# Bees Cluster on Outside of Hive....????



## VirginiaMan (Dec 28, 2010)

Hi - On one of my hives for the past two mornings I have seen about 50-100 bees in a cluster at the hive handle just above the front entrance - It's about 50 degreesat the time I have seen this. Normal? I haven't gone inside beyond the top feeder for about 3 weeks - At that time one box was about 70% drawn and the other (top) was only about 10-20% drawn. They have been consuming a lot amount of sugar syrup (about a gallon every 3-4 days). Some feedback would be appreciated - Thank you.....Fred


----------



## Michael Bush (Aug 2, 2002)

Bees often cluster on the hive. The warmer it is the more they go outside. 
http://bushfarms.com/beesfaqs.htm#bearding


----------



## Oldbee (Sep 25, 2006)

I can't think of anything except the scent or odor of something is attracting them to that spot.
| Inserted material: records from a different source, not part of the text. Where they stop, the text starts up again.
-- ===== src/Util/Text/Decimal.antt =====
-- `atoi` reads what `%d` prints.
use tablefs.Base.{
  ℕ, zero, suc, ◌+◌, ◌-◌, ◌*◌, ◌/◌, ◌%◌, ◌<◌, ◌≡◌, refl, sym, ap, ◌∙◌, false, List, [], ◌∷◌, ◌++◌,
  arith, Bool-cases, inl, inr, ltb, ltb→lt, ltb→ge,
}
use tablefs.Base.Int.{ℤ, pos, negsuc, neg}
use tablefs.Util.Text.{digits_before, print_int, read_digits, skip_spaces, signed, atoi, is_digit}

-- A text that begins with no digit.
abbrev pub Ends : List ℕ → Type 0
Ends [] = Unit
Ends (c ∷ s) = is_digit c ≡ false

read_digits-digit :
    (d acc : ℕ) (s : List ℕ)
    → d < 10
    → read_digits acc ((b'0' + d) ∷ s) ≡ read_digits (acc * 10 + d) s
unfolding read_digits
read_digits-digit d acc s h =
    let same : acc * 10 + (b'0' + d - b'0') ≡ acc * 10 + d = omega arith in
    ground (arith, ap (λ (n : ℕ). read_digits n s) same)

pub read_digits-digits_before :
    (fuel n : ℕ) (s : List ℕ) → n < fuel → read_digits 0 (digits_before fuel n s) ≡ read_digits n s
unfolding digits_before
read_digits-digits_before zero n s h = absurd (omega arith)
read_digits-digits_before (suc fuel) n s h = elim (Bool-cases (ltb n 10)) [
  | inl small ↦
      rw small (
        read_digits-digit n 0 s (ltb→lt n 10 small) ∙ ap (λ (m : ℕ). read_digits m s) (omega arith))
  | inr large ↦ rw large (
      read_digits-digits_before fuel (n / 10) ((b'0' + n % 10) ∷ s)
        (omega (arith, ltb→ge n 10 large))
      ∙ read_digits-digit (n % 10) (n / 10) s (omega arith)
      ∙ ap (λ (m : ℕ). read_digits m s) (omega arith))
]

read_digits_end : (n : ℕ) (s : List ℕ) → Ends s → read_digits n s ≡ (n, s)
unfolding read_digits
read_digits_end n [] h = refl
read_digits_end n (c ∷ s) h = ground arith

-- The first byte of a number is one of its digits.
digits_before-head :
    (fuel n : ℕ) (s : List ℕ)
    → n < fuel
    → (d : ℕ) × (t : List ℕ) × (digits_before fuel n s ≡ (b'0' + d) ∷ t) × (d < 10)
unfolding digits_before
digits_before-head zero n s h = absurd (omega arith)
digits_before-head (suc fuel) n s h = elim (Bool-cases (ltb n 10)) [
  | inl small ↦ (n, s, rw small refl, ltb→lt n 10 small)
  | inr large ↦
      let (d, t, e, b) =
        digits_before-head fuel (n / 10) ((b'0' + n % 10) ∷ s) (omega (arith, ltb→ge n 10 large)) in
      (d, t, rw large e, b)
]

signed-digit :
    (d : ℕ) (t : List ℕ) → d < 10 → atoi ((b'0' + d) ∷ t) ≡ pos (read_digits 0 ((b'0' + d) ∷ t)).0
unfolding atoi skip_spaces signed
signed-digit d t h = ground arith

-- `atoi` gives back every number that `%d` prints.
pub atoi-print_int : (n : ℤ) → atoi (print_int n) ≡ n
unfolding print_int atoi skip_spaces signed
atoi-print_int (pos n) =
    let (d, t, e, b) = digits_before-head (suc n) n [] (omega arith) in
    ap atoi e
    ∙ signed-digit d t b
    ∙ ap (λ s. pos (read_digits 0 s).0) (sym e)
    ∙ ap (λ (p : ℕ × List ℕ). pos p.0)
        (read_digits-digits_before (suc n) n [] (omega arith) ∙ read_digits_end n [] tt)
atoi-print_int (negsuc n) =
    ap (λ (p : ℕ × List ℕ). neg p.0)
      (read_digits-digits_before (suc (suc n)) (suc n) [] (omega arith)
        ∙ read_digits_end (suc n) [] tt)

digits_before-append :
    (fuel n : ℕ) (s t : List ℕ) → digits_before fuel n s ++ t ≡ digits_before fuel n (s ++ t)
unfolding digits_before
digits_before-append zero n s t = refl
digits_before-append (suc fuel) n s t = elim (Bool-cases (ltb n 10)) [
  | inl small ↦ rw small refl
  | inr large ↦ rw large (digits_before-append fuel (n / 10) ((b'0' + n % 10) ∷ s) t)
]

-- A printed number in front of a text that begins with no digit: its first byte is a digit, and
-- its digits are read as the number.
pub print_int_digits :
    (n : ℕ) (t : List ℕ)
    → Ends t
    → (d : ℕ) × (u : List ℕ) × (print_int (pos n) ++ t ≡ (b'0' + d) ∷ u)
      × (d < 10)
      × (read_digits 0 ((b'0' + d) ∷ u) ≡ (n, t))
unfolding print_int
print_int_digits n t ends =
    let (d, u, e, small) = digits_before-head (suc n) n t (omega arith) in
    (
      d,
      u,
      digits_before-append (suc n) n [] t ∙ e,
      small,
      ap (read_digits 0) (sym e)
          ∙ read_digits-digits_before (suc n) n t (omega arith)
          ∙ read_digits_end n t ends,
    )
Did you use Honey-B-Healthy in the syrup? Maybe a drip of syrup there. A scent of the queen there? It's amazing what they can smell.

Michael, it was 50 degrees F. at the time,..


----------



## vegasvalet (Jan 10, 2011)

I had a similar experience for the past two day, I finally decided to remove the bottom board (screen in place) and take out the entrance reducer and it seems to have made the girls happy and did the trick.


----------